Offset | Definition |
---|---|
0x00 |
UINT32 Interface; |
0x04 |
UINT32 Reserved1; |
0x08 |
UINT32 Reserved2; |
0x0C |
UINT32 Reserved3; |
The kernel deems the hypervisor as Microsoft-compatible if the Interface is '1#vH’, reading as “Hv#1” when looking at the structure as an array of bytes. The integer value is defined in the HVGDK.H file as the HvMicrosoftHypervisorInterface in an HV_HYPERVISOR_INTERFACE enumeration, as if there may be more even if Microsoft only cares about one.
Aside from retrieving the whole of the cpuid output on behalf of external callers, as noted above as Access, the kernel interprets the Interface for callers of HviIsHypervisorMicrosoftCompatible. Through much of the early history of hypervisors, the only interest that the kernel itself has in the Interface is that a Microsoft-compatible hypervisor is assumed to support cpuid leaves 0x40000002 to 0x40000005 inclusive such that no need exists to check these leaves against the MaxFunction from cpuid leaf 0x40000000.
Starting with the 1607 release of WIndows 10, the kernel knows of a second hypervisor interface. For this, the Interface is 'vnbX', reading from low to high as “Xbnv”. All these versions, both 32-bit and 64-bit, exempt this hypervisor interface from counting as a hypervisor. Specifically, the undocumented kernel export HviIsAnyHypervisorPresent answers in the negative if ecx from cpuid leaf 1 says that a hypervisor is present but eax from cpuid leaf 0x40000001 says the hypervisor that’s present is this one. The 64-bit kernel has an internal routine that checks for this interface once and caches the answer in an internal variable. In some versions the routine is (also) instantiated and its name passes into the public symbol files: HviIsXboxNanovisorPresent, apparently confirming that “Xbnv” stands for Xbox Nanovisor.

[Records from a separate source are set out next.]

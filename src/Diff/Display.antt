-- ===== src/Diff/Display.antt =====
-- The texts of the errors of src/diff.rs.
use fast_rsync.Base.{◌++◌}
use fast_rsync.Base.Text.{Text, text}
use fast_rsync.Diff.{DiffError, invalid_signature, io}

-- `Display` of `DiffError`, over that of an error of the writer.
unfoldable pub display : {E : Type 0} → (E → Text) → DiffError E → Text
display source invalid_signature = text "invalid or unsupported signature for diff"
display source (io e) = text "Encountered IO error when calculating diff: " ++ source e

Starting with 64-bit Windows 8 and 32-bit WIndows 8.1, the boot manager, boot loader and a changing selection of other software (but not the kernel) know of a cpuid leaf 0x40000081 whose output also fits the HV_HYPERVISOR_INTERFACE_INFO. The expected InterfaceName is '1#SV'. It signifies the existence of a cpuid leaf 0x40000082 whose output is a set of bit flags.